## Work item
Below are entries; print them exactly from the first line through the one containing "WellTyped (nd_cast ty".

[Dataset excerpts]
[Start of section]

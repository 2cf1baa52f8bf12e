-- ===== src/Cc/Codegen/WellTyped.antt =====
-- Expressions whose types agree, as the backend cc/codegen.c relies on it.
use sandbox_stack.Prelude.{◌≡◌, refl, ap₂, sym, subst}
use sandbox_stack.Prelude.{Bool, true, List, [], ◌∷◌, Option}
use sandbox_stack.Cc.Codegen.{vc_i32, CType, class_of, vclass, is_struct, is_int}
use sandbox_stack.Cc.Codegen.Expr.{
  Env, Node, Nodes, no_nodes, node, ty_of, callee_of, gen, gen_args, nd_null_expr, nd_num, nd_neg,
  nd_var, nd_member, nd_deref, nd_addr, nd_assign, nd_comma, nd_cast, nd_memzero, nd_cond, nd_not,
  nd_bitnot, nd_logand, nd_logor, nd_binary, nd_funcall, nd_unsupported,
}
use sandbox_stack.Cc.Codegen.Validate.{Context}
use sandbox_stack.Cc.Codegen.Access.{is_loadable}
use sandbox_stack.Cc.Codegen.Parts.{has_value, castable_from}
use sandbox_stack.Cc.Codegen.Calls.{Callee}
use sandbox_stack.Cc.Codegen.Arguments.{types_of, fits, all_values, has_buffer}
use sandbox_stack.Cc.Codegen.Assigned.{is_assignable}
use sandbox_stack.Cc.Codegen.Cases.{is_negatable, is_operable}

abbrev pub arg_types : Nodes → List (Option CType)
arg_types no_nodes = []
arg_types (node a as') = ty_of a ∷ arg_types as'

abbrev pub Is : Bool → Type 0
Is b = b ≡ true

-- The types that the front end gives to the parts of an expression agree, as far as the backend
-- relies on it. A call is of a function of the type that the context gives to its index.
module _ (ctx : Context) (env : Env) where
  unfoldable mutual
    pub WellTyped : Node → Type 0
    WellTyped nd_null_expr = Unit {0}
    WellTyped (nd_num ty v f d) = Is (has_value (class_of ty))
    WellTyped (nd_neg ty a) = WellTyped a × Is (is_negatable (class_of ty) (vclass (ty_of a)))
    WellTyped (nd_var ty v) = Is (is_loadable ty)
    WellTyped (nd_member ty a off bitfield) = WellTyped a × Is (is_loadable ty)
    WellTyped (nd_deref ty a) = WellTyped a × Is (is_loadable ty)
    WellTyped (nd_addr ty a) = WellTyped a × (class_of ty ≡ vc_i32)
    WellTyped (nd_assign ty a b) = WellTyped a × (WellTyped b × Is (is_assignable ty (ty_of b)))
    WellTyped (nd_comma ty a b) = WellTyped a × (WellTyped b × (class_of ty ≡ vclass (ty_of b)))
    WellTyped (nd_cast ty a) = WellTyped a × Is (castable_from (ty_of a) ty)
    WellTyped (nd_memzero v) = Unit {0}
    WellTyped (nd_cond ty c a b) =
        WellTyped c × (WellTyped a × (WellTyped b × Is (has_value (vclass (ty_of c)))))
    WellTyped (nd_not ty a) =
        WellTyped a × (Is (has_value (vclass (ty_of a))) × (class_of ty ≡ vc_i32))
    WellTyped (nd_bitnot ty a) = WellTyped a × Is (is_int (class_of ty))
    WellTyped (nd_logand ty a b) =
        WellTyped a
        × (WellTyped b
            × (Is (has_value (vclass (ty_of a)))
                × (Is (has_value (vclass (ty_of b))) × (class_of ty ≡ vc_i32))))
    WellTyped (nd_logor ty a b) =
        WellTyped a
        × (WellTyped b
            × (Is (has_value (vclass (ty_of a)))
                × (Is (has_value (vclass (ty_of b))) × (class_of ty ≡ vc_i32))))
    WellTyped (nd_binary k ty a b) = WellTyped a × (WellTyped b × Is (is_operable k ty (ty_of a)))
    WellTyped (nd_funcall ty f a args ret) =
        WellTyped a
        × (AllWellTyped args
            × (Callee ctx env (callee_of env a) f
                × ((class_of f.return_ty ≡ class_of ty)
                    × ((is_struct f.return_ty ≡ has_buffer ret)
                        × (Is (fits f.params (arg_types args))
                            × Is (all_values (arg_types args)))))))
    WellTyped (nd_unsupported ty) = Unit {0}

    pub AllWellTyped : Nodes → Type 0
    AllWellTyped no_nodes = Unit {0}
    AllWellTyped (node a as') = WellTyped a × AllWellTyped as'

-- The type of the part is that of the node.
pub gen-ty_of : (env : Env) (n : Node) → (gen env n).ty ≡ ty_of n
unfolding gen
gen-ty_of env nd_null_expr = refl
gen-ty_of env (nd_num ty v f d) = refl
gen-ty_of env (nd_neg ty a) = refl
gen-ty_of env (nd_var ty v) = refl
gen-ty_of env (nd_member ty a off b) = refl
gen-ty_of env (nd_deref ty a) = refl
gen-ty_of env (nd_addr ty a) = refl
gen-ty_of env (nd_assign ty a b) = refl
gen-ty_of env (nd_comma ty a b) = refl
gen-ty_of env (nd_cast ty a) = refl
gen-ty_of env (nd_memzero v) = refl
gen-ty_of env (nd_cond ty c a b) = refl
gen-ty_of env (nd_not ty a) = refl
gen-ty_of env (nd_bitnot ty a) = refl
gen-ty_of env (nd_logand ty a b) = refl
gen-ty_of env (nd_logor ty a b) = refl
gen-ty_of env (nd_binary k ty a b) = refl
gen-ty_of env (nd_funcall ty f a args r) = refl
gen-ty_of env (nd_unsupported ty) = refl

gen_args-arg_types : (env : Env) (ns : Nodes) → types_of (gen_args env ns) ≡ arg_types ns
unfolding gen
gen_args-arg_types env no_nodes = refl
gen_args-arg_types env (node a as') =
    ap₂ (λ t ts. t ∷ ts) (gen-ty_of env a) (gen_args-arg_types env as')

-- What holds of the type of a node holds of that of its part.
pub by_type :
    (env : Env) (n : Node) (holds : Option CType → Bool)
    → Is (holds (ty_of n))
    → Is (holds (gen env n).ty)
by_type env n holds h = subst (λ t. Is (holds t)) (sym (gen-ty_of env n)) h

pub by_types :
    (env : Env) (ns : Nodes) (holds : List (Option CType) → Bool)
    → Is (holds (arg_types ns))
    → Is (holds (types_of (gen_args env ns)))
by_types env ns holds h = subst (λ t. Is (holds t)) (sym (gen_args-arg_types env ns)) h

[End of section]

## Answer space
repository 2cf1baa52f8bf12e
-- ===== src/Cc/Codegen/WellTyped.antt =====
-- Expressions whose types agree, as the backend cc/codegen.c relies on it.
use sandbox_stack.Prelude.{◌≡◌, refl, ap₂, sym, subst}
use sandbox_stack.Prelude.{Bool, true, List, [], ◌∷◌, Option}
use sandbox_stack.Cc.Codegen.{vc_i32, CType, class_of, vclass, is_struct, is_int}
use sandbox_stack.Cc.Codegen.Expr.{
  Env, Node, Nodes, no_nodes, node, ty_of, callee_of, gen, gen_args, nd_null_expr, nd_num, nd_neg,
  nd_var, nd_member, nd_deref, nd_addr, nd_assign, nd_comma, nd_cast, nd_memzero, nd_cond, nd_not,
  nd_bitnot, nd_logand, nd_logor, nd_binary, nd_funcall, nd_unsupported,
}
use sandbox_stack.Cc.Codegen.Validate.{Context}
use sandbox_stack.Cc.Codegen.Access.{is_loadable}
use sandbox_stack.Cc.Codegen.Parts.{has_value, castable_from}
use sandbox_stack.Cc.Codegen.Calls.{Callee}
use sandbox_stack.Cc.Codegen.Arguments.{types_of, fits, all_values, has_buffer}
use sandbox_stack.Cc.Codegen.Assigned.{is_assignable}
use sandbox_stack.Cc.Codegen.Cases.{is_negatable, is_operable}

abbrev pub arg_types : Nodes → List (Option CType)
arg_types no_nodes = []
arg_types (node a as') = ty_of a ∷ arg_types as'

abbrev pub Is : Bool → Type 0
Is b = b ≡ true

-- The types that the front end gives to the parts of an expression agree, as far as the backend
-- relies on it. A call is of a function of the type that the context gives to its index.
module _ (ctx : Context) (env : Env) where
  unfoldable mutual
    pub WellTyped : Node → Type 0
    WellTyped nd_null_expr = Unit {0}
    WellTyped (nd_num ty v f d) = Is (has_value (class_of ty))
    WellTyped (nd_neg ty a) = WellTyped a × Is (is_negatable (class_of ty) (vclass (ty_of a)))
    WellTyped (nd_var ty v) = Is (is_loadable ty)
    WellTyped (nd_member ty a off bitfield) = WellTyped a × Is (is_loadable ty)
    WellTyped (nd_deref ty a) = WellTyped a × Is (is_loadable ty)
    WellTyped (nd_addr ty a) = WellTyped a × (class_of ty ≡ vc_i32)
    WellTyped (nd_assign ty a b) = WellTyped a × (WellTyped b × Is (is_assignable ty (ty_of b)))
    WellTyped (nd_comma ty a b) = WellTyped a × (WellTyped b × (class_of ty ≡ vclass (ty_of b)))
    WellTyped (nd_cast ty a) = WellTyped a × Is (castable_from (ty_of a) ty)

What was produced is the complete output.